Types of Information
I believe there are two types of information we want to share about code. One category can be understood by simply reading the code. The other cannot.
What is self-documentable?
- The type of a variable
- The logical concept a type or function operates on
- The process by which code completes its task
What is not self-documentable?
- Why you needed to write this particular line of code
- Examples of the data it operates on (not the type but individual instances)
Example
Let's look at an example of some code with a few different types of comments associated with it.
Self-Documenting
Here's the first example which attempts to be self-documenting:
func (allABTests ABTests) MarshalJSON() ([]byte, error) {
var usedABTests []ABTest
for _, test := range allABTests {
if test.Used {
usedABTests = append(usedABTests, test)
}
}
return json.Marshal(usedABTests)
}
Here are somethings we can learn from reading the code:
- This method allows the
ABTests
type to implement the json.Marshaler interface. That means this method will run whenever we turn this object into JSON. - This method loops over All AB Tests, building up an array of only the
Used
AB Tests, and ultimately only Marshals the used tests to JSON.
Here are some things we can't learn from reading the code:
- Why do we need to do this?
- On average, do we expect to have mostly used or unused tests?
- When will this be used?
Unhelpful Comments
Now, here's the same code with some unhelpful comments added.
// MarshalJSON marshals ABTests to JSON as a slice of bytes.
// It returns an error when it can't marshal ABTests to JSON.
func (allABTests ABTests) MarshalJSON() ([]byte, error) {
var usedABTests []ABTest
// Loop over all AB tests
for _, test := range allABTests {
// If the test is used, add it to the used tests array
if test.Used {
usedABTests = append(usedABTests, test)
}
}
// Only Marshal the used tests to JSON
return json.Marshal(usedABTests)
}
Now, assuming the engineer reading this code is competent in the Go programming language, there's nothing new to be learned from these comments.
They simply explain what the code is doing. We could learn exactly the same information just by reading the code.
Explain the why
Finally, here's how I believe code like this should be commented:
// MarshalJSON provides a custom JSON marshaler to keep unused AB Tests out of our API response.
// On average, we have 1000 AB tests, but this system only ever targets messages to a few of them at a time.
// If we do not remove the extraneous AB tests, we end up with an API response ~20kb, much larger than necessary.
// The extraneous tests also makes it difficult to debug which AB Tests are applicable to a given API response.
func (allABTests ABTests) MarshalJSON() ([]byte, error) {
var usedABTests []ABTest
for _, test := range allABTests {
// Whenever an AB test is used to target a message, it gets marked Used = true.
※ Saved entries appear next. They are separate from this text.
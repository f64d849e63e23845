-- ===== src/Firmware/Reading.antt =====
-- What the firmware answers to a read frame, and the notices of interrupts around it.
use grove_lo_ra_433mhz_and.Prelude.{
  ℕ, ◌≡◌, refl, ap, ◌∙◌, Bool, true, false, List, [], ◌∷◌, ◌++◌, arith, if◌then◌else◌, ◌||◌, ◌&&◌,
  not,
}
use mathlib.Core.List.{append_assoc, append-nil}
use grove_lo_ra_433mhz_and.Firmware.{
  Firmware, Spi, receive_pending, reset, notify, execute, loop, run, spi_read, Bool_eq,
}
use grove_lo_ra_433mhz_and.Firmware.Frames.{IsIdle, Written, took_command, took_register}

-- The notice that a call of `loop` ends with, for the flag of the interrupt routines and two levels of DIO2:
-- the one that was seen last, and the one that is read.
abbrev pub notice : (flag last level : Bool) → List ℕ
notice flag last level = if flag || (level && not last) then b'I' ∷ [] else []

noticed :
    (flag last level : Bool) (o q : List ℕ) {p : List ℕ}
    → p ≡ o ++ q
    → (if flag || (not (Bool_eq last level) && not last) then p ++ b'I' ∷ [] else p)
      ≡ o ++ (q ++ notice flag last level)
noticed true last level o q e = ap (λ x. x ++ b'I' ∷ []) e ∙ append_assoc o q (b'I' ∷ [])
noticed false true true o q e = rw append-nil e
noticed false true false o q e = rw append-nil e
noticed false false true o q e = ap (λ x. x ++ b'I' ∷ []) e ∙ append_assoc o q (b'I' ∷ [])
noticed false false false o q e = rw append-nil e

module _ {S : Type 0} (spi : Spi S) where
  -- What `loop` appends to the output, and what it has seen of DIO2.
  record Notes (f g : Firmware S) (octets : List ℕ) (level : Bool) : Type 0 where
    output : g.output ≡ f.output ++ (octets ++ notice f.int_flag f.dio2_states level)
    int_flag : g.int_flag ≡ false
    dio2_states : g.dio2_states ≡ level

  notify-Notes :
      (level : Bool) (f g : Firmware S) (octets : List ℕ)
      → g.output ≡ f.output ++ octets
      → g.int_flag ≡ f.int_flag
      → g.dio2_states ≡ f.dio2_states
      → Notes f (notify level g) octets level
  unfolding notify
  notify-Notes level f g octets o i d = record {
    output = rw (i, d) (noticed f.int_flag f.dio2_states level f.output octets o);
    int_flag = refl;
    dio2_states = refl;
  }

  command-Notes :
      (level : Bool) (f : Firmware S) (b : ℕ) (waiting : List ℕ)
      → IsIdle f
      → f.pending ≡ b ∷ waiting
      → Notes f (loop spi level f) [] level
  unfolding loop receive_pending execute
  command-Notes level f b waiting i p =
      notify-Notes level f _ [] (ground (arith, i.count, i.command, p, append-nil f.output))
        (ground (arith, i.count, i.command, p)) (ground (arith, i.count, i.command, p))

  register-Notes :
      (level : Bool) (f : Firmware S) (r : ℕ) (waiting : List ℕ)
      → f.count ≡ 1
      → f.pending ≡ r ∷ waiting
      → f.command ≡ b'R'
      → Notes f (loop spi level f) [] level
  unfolding loop receive_pending execute
  register-Notes level f r waiting c p k =
      notify-Notes level f _ [] (ground (arith, c, p, k, append-nil f.output))
        (ground (arith, c, p, k)) (ground (arith, c, p, k))

  answer :
      (level : Bool) (f : Firmware S) (r n : ℕ) (rest : List ℕ) (s : S)
      → f.command ≡ b'R'
      → f.reg ≡ r
      → f.count ≡ 2
      → f.pending ≡ n ∷ rest
      → f.bus ≡ s
      → Written spi (loop spi level f) rest (spi_read spi r n s).1
        × Notes f (loop spi level f) (spi_read spi r n s).0 level
  unfolding loop
  answer level f r n rest s a b c p q =
      let g : Firmware S = record f { len = n; count = 3; pending = rest } in
      let e : receive_pending f.pending f ≡ g = unfold receive_pending in ground (arith, p) in
      let g' : Firmware S = reset (record g {
        bus = (spi_read spi r n f.bus).1;
        output = f.output ++ (spi_read spi r n f.bus).0;
      }) in
      let e' : execute spi g ≡ g' = unfold execute in ground (arith, a, b) in
      rw (← q) (
        rw (e, e')
          (
            unfold reset notify in
                record {
                  idle = record { command = refl; count = refl; size = refl };
                  pending = refl;
                  bus = refl;
                },
            notify-Notes level f g' (spi_read spi r n f.bus).0 (unfold reset in refl)
                (unfold reset in refl) (unfold reset in refl),
          ))

  -- What is written to the port while a read frame is taken, in three calls of `loop`: in the third the
  -- octets that the radio sends for the register, and at the end of each call a notice 'I' if DIO2 is
  -- seen to rise in it, or, in the first, if an interrupt was flagged before.
  pub run-notices :
      (u v w : Bool) (f : Firmware S) (r n : ℕ) (rest : List ℕ)
      → IsIdle f
      → f.pending ≡ b'R' ∷ r ∷ n ∷ rest
      → let g = run spi (u ∷ v ∷ w ∷ []) f in
        Written spi g rest (spi_read spi r n f.bus).1
        × (g.output
            ≡ f.output
              ++ (notice f.int_flag f.dio2_states u
                  ++ (notice false u v ++ ((spi_read spi r n f.bus).0 ++ notice false v w))))
  unfolding run
  run-notices u v w f r n rest i p =
      let (a, b, c, d, e) = took_command spi u f b'R' (r ∷ n ∷ rest) i p refl in
      let (a', b', c', d', e', f') = took_register spi v (loop spi u f) b'R' r (n ∷ rest) a b c in
      let x = command-Notes u f b'R' (r ∷ n ∷ rest) i p in
      let y = register-Notes v (loop spi u f) r (n ∷ rest) b c a in
      let (t, z) = answer w (loop spi v (loop spi u f)) r n rest f.bus a' b' c' d' (e' ∙ d) in
      (
        t,
        rw (z.output, y.output, y.int_flag, y.dio2_states, x.output, x.int_flag, x.dio2_states)
            (simp append_assoc),
      )

  -- With no interrupt on its way, that is the answer alone.
  pub run-read_frame :
      (f : Firmware S) (r n : ℕ) (rest : List ℕ)
      → IsIdle f
      → f.int_flag ≡ false
      → f.pending ≡ b'R' ∷ r ∷ n ∷ rest
      → let g = run spi (false ∷ false ∷ false ∷ []) f in
        Written spi g rest (spi_read spi r n f.bus).1
        × (g.output ≡ f.output ++ (spi_read spi r n f.bus).0)
  run-read_frame f r n rest i h p =
      let (t, o) = run-notices false false false f r n rest i p in
      (t, o ∙ rw h (rw append-nil refl))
// This happens at the message filtering step.
if test.Used {
usedABTests = append(usedABTests, test)
}
}
return json.Marshal(usedABTests)
}
In my opinion, we finally can understand why someone would write this code: there are a TON of AB tests and we only care about, maybe, 3 of them at a time. If we don't remove them from the API response, we get a giant (for this API) response of ~20kb.
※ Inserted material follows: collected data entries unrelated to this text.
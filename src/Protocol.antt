-- ===== src/Protocol.antt =====
-- The two ends of the register protocol together: Uart.antt writes what Firmware.antt reads.
use grove_lo_ra_433mhz_and.Prelude.{
  ℕ, ◌+◌, ◌≤◌, ◌<◌, ◌≡◌, refl, ◌⊎◌, inl, inr, Bool, true, false, List, [], ◌∷◌, ◌++◌, length, take,
  get_or, bit_or, bit_and, arith, sym, ◌∙◌, ap,
}
use mathlib.Core.List.{append-nil}
use grove_lo_ra_433mhz_and.Prelude.Commands.{Run}
use grove_lo_ra_433mhz_and.Uart.{Arduino, burst_read, burst_write, read, write_mask}
use grove_lo_ra_433mhz_and.Uart.Frames.{Outbox, burst_write-frame}
use grove_lo_ra_433mhz_and.Uart.Timing.{Clock, rx_rounds}
use grove_lo_ra_433mhz_and.Uart.Reading.{Inbox, request, burst_read_result}
use grove_lo_ra_433mhz_and.Firmware.{Firmware, Spi, run, spi_write, spi_read}
use grove_lo_ra_433mhz_and.Firmware.Frames.{IsIdle, Written, run-write_frame}
use grove_lo_ra_433mhz_and.Firmware.Reading.{notice, run-notices}

world_eq : {W A : Type 0} {x y : A} {v w : W} → Run.done x v ≡ Run.done y w → v ≡ w
world_eq h = ground arith

-- What the driver writes to the registers by `burstWrite`, the idle firmware puts on the SPI bus of
-- the radio, in one selection: the register with its write bit, then the octets, in order. It takes
-- as many calls of `loop` as there are octets in the frame, and leaves nothing behind in the port.
pub run-burst_write :
    {W S : Type 0} {a : Arduino W} (o : Outbox a) (spi : Spi S) (levels : List Bool)
    (f : Firmware S) (reg : ℕ) (octets : List ℕ) {w w' : W}
    → o.outbox w ≡ []
    → burst_write a reg octets w ≡ Run.done tt w'
    → length octets ≤ 255
    → IsIdle f
    → f.pending ≡ o.outbox w'
    → length levels ≡ 3 + length octets
    → Written spi (run spi levels f) [] (spi_write spi (bit_or reg write_mask) octets f.bus)
run-burst_write o spi levels f reg octets {w} e h m i p l =
    let (v, h', q) = burst_write-frame o reg octets w in
    let same = ap o.outbox (world_eq (sym h ∙ h')) in
    run-write_frame spi levels f (bit_or reg write_mask) octets [] l m i
      (p ∙ same ∙ q ∙ rw e (rw append-nil))

-- The octets that the firmware has to write to the port for a read frame: the answer of the radio, and the
-- notices of interrupts around it.
abbrev pub answer : {S : Type 0} → Spi S → Firmware S → (reg len : ℕ) → (u v x : Bool) → List ℕ
answer spi f reg len u v x =
    notice f.int_flag f.dio2_states u
    ++ (notice false u v ++ ((spi_read spi reg len f.bus).0 ++ notice false v x))

-- A burst read of at least one octet over the port to the idle firmware always returns, with enough rounds
-- and a clock, and what it returns is the beginning of what the firmware writes: a notice for an interrupt
-- that is flagged and for each rise of DIO2 before the answer, the octets that the radio sends for the
-- register, and a notice if DIO2 rises with them. It is not more octets than were asked for.
pub burst_read-answer :
    {W S : Type 0} {a : Arduino W} (c : Clock a) (o : Outbox a) (i : Inbox a) (spi : Spi S)
    (u v x : Bool) (f : Firmware S) (fuel reg len : ℕ) (w : W)
    → rx_rounds ≤ fuel
    → 0 < len
    → IsIdle f
    → o.outbox w ≡ []
    → f.pending ≡ o.outbox (request a reg len w)
    → f.output ≡ []
    → i.coming (request a reg len w) ≡ (run spi (u ∷ v ∷ x ∷ []) f).output
    → (octets : List ℕ) × (w' : W) × (burst_read a fuel reg len w ≡ Run.done octets w')
      × (length octets ≤ len)
      × (octets ≡ take (length octets) (answer spi f (bit_and reg 0x7f) len u v x))
burst_read-answer c o i spi u v x f fuel reg len w h k idle e p q come =
    let (octets, w', d, l, t) = burst_read_result i c fuel reg len w h k in
    let frame = p ∙ rw (o.written, o.written, o.written, e) refl in
    let (_, out) = run-notices spi u v x f (bit_and reg 0x7f) len [] idle frame in
    (octets, w', d, l, t ∙ ap (take (length octets)) (come ∙ out ∙ rw q refl))

-- While an interrupt is flagged a register cannot be read: a read to the idle firmware always returns, with
-- enough rounds and a clock, and its value is the notice 'I', or 0 if nothing came in time, whatever the radio has in the register.
pub read-notice :
    {W S : Type 0} {a : Arduino W} (c : Clock a) (o : Outbox a) (i : Inbox a) (spi : Spi S)
    (u v x : Bool) (f : Firmware S) (fuel reg : ℕ) (w : W)
    → rx_rounds ≤ fuel
    → IsIdle f
    → f.int_flag ≡ true
    → o.outbox w ≡ []
    → f.pending ≡ o.outbox (request a reg 1 w)
    → f.output ≡ []
    → i.coming (request a reg 1 w) ≡ (run spi (u ∷ v ∷ x ∷ []) f).output
    → (value : ℕ) × (w' : W) × (read a fuel reg w ≡ Run.done value w')
      × ((value ≡ b'I') ⊎ (value ≡ 0))
unfolding read burst_read
read-notice c o i spi u v x f fuel reg w h idle flag e p q come =
    let (octets, w', d, l, t) =
      burst_read-answer c o i spi u v x f fuel reg 1 w h (omega arith) idle e p q come in
    (get_or octets 0 0, w', rw d refl, first octets t)
  where
    first :
        (octets : List ℕ)
        → octets ≡ take (length octets) (answer spi f (bit_and reg 0x7f) 1 u v x)
        → (get_or octets 0 0 ≡ b'I') ⊎ (get_or octets 0 0 ≡ 0)
    first [] t = inr refl
    first (b ∷ bs) t = inl (ap (λ xs. get_or xs 0 0) t ∙ rw flag refl)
We can also learn where this Used
value comes from. Maybe we don't know about the “filtering” step yet, but
if we are debugging something, we at least have a lead on where to look next!
Exceptions
There are exceptions to every rule. Here are some I can think of:
- When your programming language is not well-documented or you know the readers of your code aren't familiar with it.
- When you are using an API that is either obscure or poorly documented.
- When you are writing a very complex bit of code that cannot be simplified
There are likely many others! But, as a general rule, I believe the following principles stand:
- Assume a competent engineer who lacks context.
- Explain they why not the what.
- Give examples and information that cannot be derived from variable names or types.